WHAT IS EXPECTED = Reproduce the data exactly as it stands.

BEGIN DATA FOR PROCESSING

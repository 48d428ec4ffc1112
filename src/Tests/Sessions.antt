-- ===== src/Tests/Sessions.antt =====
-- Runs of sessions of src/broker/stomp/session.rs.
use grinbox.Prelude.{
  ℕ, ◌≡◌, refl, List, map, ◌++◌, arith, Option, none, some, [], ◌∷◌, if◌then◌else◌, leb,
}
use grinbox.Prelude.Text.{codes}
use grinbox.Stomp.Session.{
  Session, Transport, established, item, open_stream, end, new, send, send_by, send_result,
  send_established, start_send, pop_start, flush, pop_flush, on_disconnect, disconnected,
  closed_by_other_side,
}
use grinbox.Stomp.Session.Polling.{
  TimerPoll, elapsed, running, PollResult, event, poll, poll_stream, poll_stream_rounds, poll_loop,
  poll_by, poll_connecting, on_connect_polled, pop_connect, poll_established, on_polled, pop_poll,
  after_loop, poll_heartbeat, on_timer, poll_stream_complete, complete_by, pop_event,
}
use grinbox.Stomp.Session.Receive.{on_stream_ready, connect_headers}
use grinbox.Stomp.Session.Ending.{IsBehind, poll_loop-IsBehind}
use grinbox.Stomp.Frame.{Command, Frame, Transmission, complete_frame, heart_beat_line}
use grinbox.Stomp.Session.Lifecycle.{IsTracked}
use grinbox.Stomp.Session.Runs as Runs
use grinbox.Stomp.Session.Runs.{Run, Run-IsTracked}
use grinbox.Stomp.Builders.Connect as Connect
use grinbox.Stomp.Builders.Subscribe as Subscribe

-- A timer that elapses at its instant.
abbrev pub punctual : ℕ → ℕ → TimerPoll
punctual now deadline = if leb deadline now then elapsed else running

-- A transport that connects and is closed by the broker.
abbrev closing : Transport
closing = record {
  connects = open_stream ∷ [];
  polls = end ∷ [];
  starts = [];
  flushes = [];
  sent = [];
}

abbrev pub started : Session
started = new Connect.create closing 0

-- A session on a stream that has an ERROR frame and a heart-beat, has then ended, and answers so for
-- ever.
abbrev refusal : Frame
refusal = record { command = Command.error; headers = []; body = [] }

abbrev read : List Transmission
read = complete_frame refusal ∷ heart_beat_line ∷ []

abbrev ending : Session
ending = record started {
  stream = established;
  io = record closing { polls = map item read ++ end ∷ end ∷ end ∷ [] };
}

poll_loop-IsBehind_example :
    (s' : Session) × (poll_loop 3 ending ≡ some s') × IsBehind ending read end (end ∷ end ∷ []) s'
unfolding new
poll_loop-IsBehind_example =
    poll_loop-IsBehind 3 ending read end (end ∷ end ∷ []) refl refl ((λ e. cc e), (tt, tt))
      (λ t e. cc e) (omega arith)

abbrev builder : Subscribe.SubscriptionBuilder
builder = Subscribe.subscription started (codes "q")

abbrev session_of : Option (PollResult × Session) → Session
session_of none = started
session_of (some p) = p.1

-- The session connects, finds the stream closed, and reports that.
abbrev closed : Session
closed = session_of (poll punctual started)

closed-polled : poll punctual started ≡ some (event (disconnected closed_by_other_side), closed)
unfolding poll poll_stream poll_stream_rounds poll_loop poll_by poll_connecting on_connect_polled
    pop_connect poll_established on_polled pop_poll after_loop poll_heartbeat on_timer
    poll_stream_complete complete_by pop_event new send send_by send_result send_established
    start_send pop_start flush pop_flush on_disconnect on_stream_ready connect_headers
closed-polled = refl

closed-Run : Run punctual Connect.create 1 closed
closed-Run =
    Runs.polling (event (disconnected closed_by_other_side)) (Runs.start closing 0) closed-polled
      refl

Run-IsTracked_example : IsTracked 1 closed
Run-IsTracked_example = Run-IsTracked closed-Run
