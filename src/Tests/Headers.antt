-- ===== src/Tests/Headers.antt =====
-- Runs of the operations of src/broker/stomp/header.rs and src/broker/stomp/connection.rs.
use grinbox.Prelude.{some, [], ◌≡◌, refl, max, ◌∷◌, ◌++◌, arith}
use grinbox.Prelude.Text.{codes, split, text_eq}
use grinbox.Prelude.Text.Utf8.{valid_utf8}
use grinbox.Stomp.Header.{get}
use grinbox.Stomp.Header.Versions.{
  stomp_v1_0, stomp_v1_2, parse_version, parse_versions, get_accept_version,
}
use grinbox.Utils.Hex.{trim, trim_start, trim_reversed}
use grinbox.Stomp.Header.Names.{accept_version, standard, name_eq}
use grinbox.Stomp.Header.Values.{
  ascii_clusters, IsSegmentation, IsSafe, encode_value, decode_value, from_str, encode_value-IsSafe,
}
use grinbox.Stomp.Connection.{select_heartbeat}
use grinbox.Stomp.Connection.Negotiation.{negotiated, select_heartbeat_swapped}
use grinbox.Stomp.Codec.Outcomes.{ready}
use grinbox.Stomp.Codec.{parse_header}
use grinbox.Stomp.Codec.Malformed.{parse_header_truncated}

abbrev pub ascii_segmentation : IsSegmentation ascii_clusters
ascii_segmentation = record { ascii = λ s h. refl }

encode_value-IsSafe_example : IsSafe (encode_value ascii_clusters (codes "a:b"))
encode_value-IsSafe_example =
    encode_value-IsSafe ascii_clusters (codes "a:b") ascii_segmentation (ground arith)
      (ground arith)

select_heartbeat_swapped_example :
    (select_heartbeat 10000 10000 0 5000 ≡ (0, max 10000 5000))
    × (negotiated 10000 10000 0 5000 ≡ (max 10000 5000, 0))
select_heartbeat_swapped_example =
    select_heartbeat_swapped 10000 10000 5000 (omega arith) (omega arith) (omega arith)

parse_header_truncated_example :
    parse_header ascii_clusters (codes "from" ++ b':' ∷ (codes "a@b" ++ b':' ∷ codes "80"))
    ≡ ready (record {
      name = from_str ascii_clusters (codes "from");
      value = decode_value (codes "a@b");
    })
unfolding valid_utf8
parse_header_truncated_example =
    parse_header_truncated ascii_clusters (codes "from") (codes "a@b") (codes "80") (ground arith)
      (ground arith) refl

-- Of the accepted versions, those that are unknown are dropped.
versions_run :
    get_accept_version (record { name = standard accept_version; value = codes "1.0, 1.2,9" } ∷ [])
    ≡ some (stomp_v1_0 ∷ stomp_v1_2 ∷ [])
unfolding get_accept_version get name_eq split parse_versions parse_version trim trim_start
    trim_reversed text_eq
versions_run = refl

END DATA FOR PROCESSING

PROBLEM SOLUTION =
repository 48d428ec4ffc1112
filename src/Tests/Sessions.antt
-- ===== src/Tests/Sessions.antt =====
-- Runs of sessions of src/broker/stomp/session.rs.
use grinbox.Prelude.{
  ℕ, ◌≡◌, refl, List, map, ◌++◌, arith, Option, none, some, [], ◌∷◌, if◌then◌else◌, leb,
}
use grinbox.Prelude.Text.{codes}
use grinbox.Stomp.Session.{
  Session, Transport, established, item, open_stream, end, new, send, send_by, send_result,
  send_established, start_send, pop_start, flush, pop_flush, on_disconnect, disconnected,
  closed_by_other_side,
}
use grinbox.Stomp.Session.Polling.{
  TimerPoll, elapsed, running, PollResult, event, poll, poll_stream, poll_stream_rounds, poll_loop,
  poll_by, poll_connecting, on_connect_polled, pop_connect, poll_established, on_polled, pop_poll,
  after_loop, poll_heartbeat, on_timer, poll_stream_complete, complete_by, pop_event,
}
use grinbox.Stomp.Session.Receive.{on_stream_ready, connect_headers}
use grinbox.Stomp.Session.Ending.{IsBehind, poll_loop-IsBehind}
use grinbox.Stomp.Frame.{Command, Frame, Transmission, complete_frame, heart_beat_line}
use grinbox.Stomp.Session.Lifecycle.{IsTracked}
use grinbox.Stomp.Session.Runs as Runs
use grinbox.Stomp.Session.Runs.{Run, Run-IsTracked}
use grinbox.Stomp.Builders.Connect as Connect
use grinbox.Stomp.Builders.Subscribe as Subscribe

-- A timer that elapses at its instant.
abbrev pub punctual : ℕ → ℕ → TimerPoll
punctual now deadline = if leb deadline now then elapsed else running

-- A transport that connects and is closed by the broker.
abbrev closing : Transport
closing = record {
  connects = open_stream ∷ [];
  polls = end ∷ [];
  starts = [];
  flushes = [];
  sent = [];
}

abbrev pub started : Session
started = new Connect.create closing 0

-- A session on a stream that has an ERROR frame and a heart-beat, has then ended, and answers so for
-- ever.
abbrev refusal : Frame
refusal = record { command = Command.error; headers = []; body = [] }

abbrev read : List Transmission
read = complete_frame refusal ∷ heart_beat_line ∷ []

abbrev ending : Session
ending = record started {
  stream = established;
  io = record closing { polls = map item read ++ end ∷ end ∷ end ∷ [] };
}

poll_loop-IsBehind_example :
    (s' : Session) × (poll_loop 3 ending ≡ some s') × IsBehind ending read end (end ∷ end ∷ []) s'
unfolding new
poll_loop-IsBehind_example =
    poll_loop-IsBehind 3 ending read end (end ∷ end ∷ []) refl refl ((λ e. cc e), (tt, tt))
      (λ t e. cc e) (omega arith)

abbrev builder : Subscribe.SubscriptionBuilder
builder = Subscribe.subscription started (codes "q")

abbrev session_of : Option (PollResult × Session) → Session
session_of none = started
session_of (some p) = p.1

-- The session connects, finds the stream closed, and reports that.
abbrev closed : Session
closed = session_of (poll punctual started)

closed-polled : poll punctual started ≡ some (event (disconnected closed_by_other_side), closed)
unfolding poll poll_stream poll_stream_rounds poll_loop poll_by poll_connecting on_connect_polled
    pop_connect poll_established on_polled pop_poll after_loop poll_heartbeat on_timer
    poll_stream_complete complete_by pop_event new send send_by send_result send_established
    start_send pop_start flush pop_flush on_disconnect on_stream_ready connect_headers
closed-polled = refl

closed-Run : Run punctual Connect.create 1 closed
closed-Run =
    Runs.polling (event (disconnected closed_by_other_side)) (Runs.start closing 0) closed-polled
      refl

Run-IsTracked_example : IsTracked 1 closed
Run-IsTracked_example = Run-IsTracked closed-Run
filename src/Tests/Headers.antt
-- ===== src/Tests/Headers.antt =====
-- Runs of the operations of src/broker/stomp/header.rs and src/broker/stomp/connection.rs.
use grinbox.Prelude.{some, [], ◌≡◌, refl, max, ◌∷◌, ◌++◌, arith}
use grinbox.Prelude.Text.{codes, split, text_eq}
use grinbox.Prelude.Text.Utf8.{valid_utf8}
use grinbox.Stomp.Header.{get}
use grinbox.Stomp.Header.Versions.{
  stomp_v1_0, stomp_v1_2, parse_version, parse_versions, get_accept_version,
}
use grinbox.Utils.Hex.{trim, trim_start, trim_reversed}
use grinbox.Stomp.Header.Names.{accept_version, standard, name_eq}
use grinbox.Stomp.Header.Values.{
  ascii_clusters, IsSegmentation, IsSafe, encode_value, decode_value, from_str, encode_value-IsSafe,
}
use grinbox.Stomp.Connection.{select_heartbeat}
use grinbox.Stomp.Connection.Negotiation.{negotiated, select_heartbeat_swapped}
use grinbox.Stomp.Codec.Outcomes.{ready}
use grinbox.Stomp.Codec.{parse_header}
use grinbox.Stomp.Codec.Malformed.{parse_header_truncated}

abbrev pub ascii_segmentation : IsSegmentation ascii_clusters
ascii_segmentation = record { ascii = λ s h. refl }

encode_value-IsSafe_example : IsSafe (encode_value ascii_clusters (codes "a:b"))
encode_value-IsSafe_example =
    encode_value-IsSafe ascii_clusters (codes "a:b") ascii_segmentation (ground arith)
      (ground arith)

select_heartbeat_swapped_example :
    (select_heartbeat 10000 10000 0 5000 ≡ (0, max 10000 5000))
    × (negotiated 10000 10000 0 5000 ≡ (max 10000 5000, 0))
select_heartbeat_swapped_example =
    select_heartbeat_swapped 10000 10000 5000 (omega arith) (omega arith) (omega arith)

parse_header_truncated_example :
    parse_header ascii_clusters (codes "from" ++ b':' ∷ (codes "a@b" ++ b':' ∷ codes "80"))
    ≡ ready (record {
      name = from_str ascii_clusters (codes "from");
      value = decode_value (codes "a@b");
    })
unfolding valid_utf8
parse_header_truncated_example =
    parse_header_truncated ascii_clusters (codes "from") (codes "a@b") (codes "80") (ground arith)
      (ground arith) refl

-- Of the accepted versions, those that are unknown are dropped.
versions_run :
    get_accept_version (record { name = standard accept_version; value = codes "1.0, 1.2,9" } ∷ [])
    ≡ some (stomp_v1_0 ∷ stomp_v1_2 ∷ [])
unfolding get_accept_version get name_eq split parse_versions parse_version trim trim_start
    trim_reversed text_eq
versions_run = refl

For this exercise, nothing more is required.